Sin perder la dinámica positiva con la que venían además de no confiarse pese a una bonita diferencia, los españoles continuaron moviendo de manera sensacional el balón. Liderados por Ricky hallando los huecos, los puntos llegaron desde la línea interior con Juancho y Marc que pudo con Delía. Los problemas ascendieron para los hombres que vestían de blanco cuando quedaban cinco minutos y medio ya que llegaron al bonus de faltas.

Al conseguir la máxima diferencia de 22 puntos con un 55-33, las aspiraciones argentinas corrían por la agresiva defensa que realizaron. Un triple de Deck en transición y otro de Campazzo tras robo, obtuvieron seis puntos para que Scariolo frenase el duelo. Con actuación defensiva extraordinaria dieron una auténtica lección en este apartado, frenando de manera sobresaliente a Luis Scola. Los rebotes eran otro arma fundamental y las diferencias eran de un calibre notable. Entraron en el último cuarto con un 66-47.

La entrada en el último cuarto no fue expresada con gozo para los de Scariolo.
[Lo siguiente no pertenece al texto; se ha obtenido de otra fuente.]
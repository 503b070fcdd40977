-- ===== src/Sce/State.antt =====
-- The codes of states, and the entities found by them.
use secoli_sced.Base.{
  Bytes, ℕ, zero, suc, ◌+◌, ◌/◌, ◌%◌, ◌<◌, ◌≡◌, ◌≢◌, ◌⊎◌, refl, ◌∙◌, inl, inr, true, [], ◌∷◌,
  Option, none, some, arith, length, get_elem?-lt, get_elem?-set_self, get_elem?-set_other,
  if◌then◌else◌, ◌==◌, ltb, Bool-cases, ℤ, pos, negsuc, eqb_ℤ,
}
use secoli_sced.Clib.{is_digit, decimal, decimal_from, atoi}
use secoli_sced.Clib.Decimal.{atol-decimal}
use secoli_sced.ConsularDistrict.{ConsularDistrict}
use secoli_sced.Queue.Glib.{GQueue}
use secoli_sced.Sce.{
  Sce, SceEntity, sce_entities_max, is_state, all_digits, sce_validate_cod_state,
  sce_got_italian_cod_state, get_entity_by_cod_state, set_entity_by_cod_state,
}
use secoli_sced.Xsqlite.{Sqlite}
use secoli_sced.Zipcode.{cod_state_unset}

all_digits-decimal_from :
    (fuel n : ℕ) (out : Bytes) → all_digits out ≡ true → all_digits (decimal_from fuel n out) ≡ true
unfolding decimal_from all_digits
all_digits-decimal_from zero n out h = h
all_digits-decimal_from (suc fuel) n out h = elim (Bool-cases (ltb n 10)) [
  | inl small ↦ rw (small, decimal_from) (unfold is_digit in ground arith)
  | inr large ↦
      rw (large, decimal_from)
        (all_digits-decimal_from fuel (n / 10) ((b'0' + n % 10) ∷ out)
          (unfold is_digit in ground arith))
]

-- A number from 1 to 1023, printed in decimal, is accepted as the code of that state.
pub sce_validate_cod_state-decimal :
    (n : ℕ) → 0 < n → n < sce_entities_max → sce_validate_cod_state (some (decimal n)) ≡ pos n
unfolding sce_validate_cod_state decimal is_state atoi
sce_validate_cod_state-decimal n p l =
    let digits = all_digits-decimal_from (suc n) n [] (unfold all_digits in refl) in
    let value = atol-decimal n (omega arith) in rw (digits, value) (ground arith)

-- A state from 1 to 1023 is an index of the table.
is_state-pos : (c : ℤ) → is_state c ≡ true → (n : ℕ) × (c ≡ pos n) × (n < sce_entities_max)
unfolding is_state sce_got_italian_cod_state
is_state-pos (pos n) h = (n, refl, ground arith)
is_state-pos (negsuc n) h = ground arith

-- A code that is accepted, and 0, which has a variable of its own.
abbrev pub IsCode : ℤ → Type 0
IsCode c = (c ≡ pos 0) ⊎ (is_state c ≡ true)

pub code-pos : (c : ℤ) → IsCode c → (n : ℕ) × (c ≡ pos n) × (n < sce_entities_max)
code-pos c (inl e) = (0, e, omega arith)
code-pos c (inr h) = is_state-pos c h

-- A string is either no code, or the code of a state in the table.
pub validate-IsCode :
    (string : Option Bytes)
    → (sce_validate_cod_state string ≡ cod_state_unset) ⊎ IsCode (sce_validate_cod_state string)
unfolding sce_validate_cod_state
validate-IsCode none = inl refl
validate-IsCode (some s) = ground arith

module _ (S : Sqlite) (D : GQueue ConsularDistrict) where
  abbrev pub IsTable : Sce S D → Type 0
  IsTable sce = length sce.entity_table ≡ sce_entities_max

  get_entity-pos :
      (sce : Sce S D) (n : ℕ)
      → IsTable sce
      → n < sce_entities_max
      → get_entity_by_cod_state S D sce (pos n) ≢ none
  unfolding get_entity_by_cod_state
  get_entity-pos sce n t l e =
      let there = get_elem?-lt sce.entity_table n (omega arith) in ground (arith, there)

  -- `get_entity_by_cod_state` reads inside the table for each code that
  -- `sce_validate_cod_state` accepts, and for 0.
  pub get_entity_by_cod_state-IsCode :
      (sce : Sce S D) (c : ℤ) → IsTable sce → IsCode c → get_entity_by_cod_state S D sce c ≢ none
  get_entity_by_cod_state-IsCode sce c t h =
      let (n, e, l) = code-pos c h in rw e (get_entity-pos sce n t l)

  -- The entity that is found for `d` once one has been set for another code.
  abbrev pub then_get : Option (ℤ × Sce S D) → ℤ → Option (Option (SceEntity S))
  then_get none d = none
  then_get (some (status, sce)) d = get_entity_by_cod_state S D sce d

  set-get-pos :
      (sce : Sce S D) (m n : ℕ) (e : SceEntity S)
      → IsTable sce
      → m < sce_entities_max
      → n < sce_entities_max
      → then_get (set_entity_by_cod_state S D sce (pos m) (some e)) (pos n)
        ≡ (if m == n then some (some e) else get_entity_by_cod_state S D sce (pos n))
  unfolding get_entity_by_cod_state set_entity_by_cod_state sce_got_italian_cod_state
  set-get-pos sce m n e t l k = elim (Bool-cases (m == n)) [
    | inl same ↦ ground (arith, get_elem?-set_self sce.entity_table m (some e) (omega arith))
    | inr other ↦ ground (arith, get_elem?-set_other sce.entity_table m n (some e) (ground arith))
  ]

  -- Once `set_entity_by_cod_state` has set an entity for an accepted code or 0,
  -- `get_entity_by_cod_state` finds it for that code, and what it found before for any other.
  pub set_entity_by_cod_state-get :
      (sce : Sce S D) (c d : ℤ) (e : SceEntity S)
      → IsTable sce
      → IsCode c
      → IsCode d
      → then_get (set_entity_by_cod_state S D sce c (some e)) d
        ≡ (if eqb_ℤ c d then some (some e) else get_entity_by_cod_state S D sce d)
  set_entity_by_cod_state-get sce c d e t h k =
      let (m, p, l) = code-pos c h in
      let (n, q, l') = code-pos d k in rw (p, q) (set-get-pos sce m n e t l l' ∙ ground arith)
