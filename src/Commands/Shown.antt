-- ===== src/Commands/Shown.antt =====
-- A SET and a SHOW behind it, as messages.
use secoli_sced.Action.{unless_null, ◌>>=◌, ◌>>◌}
use secoli_sced.Base.{
  Bytes, codes, ℕ, ◌≡◌, ap, ◌∙◌, ◌<◌, false, [], ◌∷◌, ◌++◌, some, pos, eqb_ℤ, arith, take, str_eq,
  take_all, length-append,
}
use mathlib.Core.List.{append_assoc}
use secoli_sced.Client.{sock_unset, client_get_socket}
use secoli_sced.Clib.Decimal.{length-decimal_small}
use secoli_sced.Clib.{decimal}
use secoli_sced.Commands.Dispatch.{run_plain, run_handler, execute}
use secoli_sced.Commands.Finding.{get_effective_session}
use secoli_sced.Commands.Handlers.{ok, set_handler, show_handler}
use secoli_sced.Commands.Slurp.{slurp_and_set_options}
use secoli_sced.Commands.{commands_get_handler}
use secoli_sced.Options.Access.{with_cod_state, set_cod_state, get_cod_state}
use secoli_sced.Options.Table.{option_set}
use secoli_sced.Sce.State.{sce_validate_cod_state-decimal}
use secoli_sced.Search.{Glib}
use secoli_sced.Session.{Session}
use secoli_sced.World.{World, Host, of_client, sock_printf, sock_answer_ok}
use secoli_sced.Xsqlite.{Sqlite}

module _ (S : Sqlite) (G : Glib) (H : Host G) where
  abbrev with_sent : World G S → Bytes → World G S
  with_sent w text = record w { sent = w.sent ++ text ∷ [] }

  set-sent :
      (w : World G S) (t : Session G) (n : ℕ) (text : Bytes)
      → eqb_ℤ w.client.sock sock_unset ≡ false
      → option_set S G H (codes "COD_STATE") text of_client 2 w
        ≡ some (pos 0, with_cod_state S G H w t (pos n))
      → execute S G H (codes "SET" ∷ codes "COD_STATE" ∷ text ∷ []) w
        ≡ some (tt {0}, with_sent (with_cod_state S G H w t (pos n)) (codes "OK\n"))
  unfolding execute ◌>>=◌ run_plain run_handler set_handler slurp_and_set_options ok sock_answer_ok
      sock_printf get_effective_session unless_null commands_get_handler str_eq client_get_socket
      with_cod_state
  set-sent w t n text s e = rw (e, s)

  show-sent :
      (w : World G S) (t : Session G) (n : ℕ)
      → execute S G H (codes "SHOW" ∷ codes "COD_STATE" ∷ []) (with_cod_state S G H w t (pos n))
        ≡ some (
          tt {0},
          with_sent
              (with_cod_state S G H w t (pos n))
              (take 8191 (take 3 (decimal n) ++ codes "\n")),
        )
  unfolding execute ◌>>=◌ run_plain run_handler show_handler sock_printf get_effective_session
      unless_null commands_get_handler str_eq
  show-sent w t n = rw (get_cod_state S G H w t n)

  line_short :
      (n : ℕ) → n < 1000 → take 8191 (take 3 (decimal n) ++ codes "\n") ≡ decimal n ++ codes "\n"
  line_short n h =
      let l = length-decimal_small n h in
      rw (take_all 3 (decimal n) l) (
        take_all 8191 (decimal n ++ codes "\n")
          (omega (arith, l, length-append (decimal n) (codes "\n"))))

  -- A client with a session that sends SET COD_STATE and a number from 1 to 999 is answered OK,
  -- and the SHOW COD_STATE that it then sends is answered by that number.
  pub set_handler-show_handler :
      (w : World G S) (t : Session G) (n : ℕ)
      → w.client.default_session ≡ some t
      → eqb_ℤ w.client.sock sock_unset ≡ false
      → 0 < n
      → n < 1000
      → (w' : World G S) × ((execute S G H (codes "SET" ∷ codes "COD_STATE" ∷ decimal n ∷ [])
              >> execute S G H (codes "SHOW" ∷ codes "COD_STATE" ∷ []))
            w
          ≡ some (tt, w'))
        × (w'.sent ≡ w.sent ++ codes "OK\n" ∷ (decimal n ++ codes "\n") ∷ [])
  unfolding ◌>>=◌ with_cod_state
  set_handler-show_handler w t n e s p l =
      let set =
        set_cod_state S G H w t n (decimal n) e
          (sce_validate_cod_state-decimal n p (omega arith)) in
      let w1 = with_sent (with_cod_state S G H w t (pos n)) (codes "OK\n") in
      (
        with_sent w1 (decimal n ++ codes "\n"),
        rw (set-sent w t n (decimal n) s set) (
            show-sent (with_sent w (codes "OK\n")) t n
            ∙ ap (λ x. some (tt {0}, with_sent w1 x)) (line_short n l)),
        append_assoc w.sent (codes "OK\n" ∷ []) ((decimal n ++ codes "\n") ∷ []),
      )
Dos pérdidas de balón que finalizaron en anotación dieron esperanzas a unos argentinos que se pusieron a 14 puntos a falta de 7:27 para el desenlace de la final de la Copa del Mundo en China aportando mucho en defensa con la intensidad demostrada en muchos envites del torneo.

La entrada de Laprovittola en el parqué después de haber estado gran parte del tercer cuarto en el banco en sustitución de Vildoza, sirvió para coger la mochila llena de peso intentando poner en modo pragmático la teoría de querer una remontada.

Uno de los hombres más relevantes de España como es Juancho se iba a la calle por la quinta falta realizada a Deck cuando quedaban cinco minutos. Acto seguido, Gabriel volvió a realizar un robo para después colgarse en el aro certificando su vigésimo punto de la tarde.

Con los árbitros dejando realizar un baloncesto con contacto, los argentinos no iban a dar su brazo a torcer y Pau Ribas era el segundo eliminado por faltas a 4:29 para el final. Con el objetivo de mantener el balón, jugaron con tres pequeños como Ricky, Llull y Rudy además de Claver y Marc.

Continuaron manteniendo la diferencia pese a las embestidas de Deck y Laprovittola. Sujetaron el balón, llegó el esférico a Marc y obligados a realizar falta, el pivot español, acudió varias veces a la línea del tiro libre para que a falta de dos minutos llegaran nuevamente los 20 puntos con un 90-70.

Hernández retiró a Campazzo y Scola para dar minutos a Redivo y Caffaro. Por parte de España, hicieron cinco cambios. Cerraron el partido con Colom, Beirán, Rabaseda, Oriola y Willy Hernangómez mientras los titulares se abrazaban en el banquillo con muchos jugadores con ojos vidriosos. Por otra parte, los aficionados argentinos no dejaron de animar a su selección demostrando el ímpetu que poseen.

Con un 95-75 la selección española alzó su segunda copa del mundo al poder ganar todos los partidos del torneo. 15 de septiembre de 2019, España alzó el cetro. La generación infranqueable, continúa generando sueños.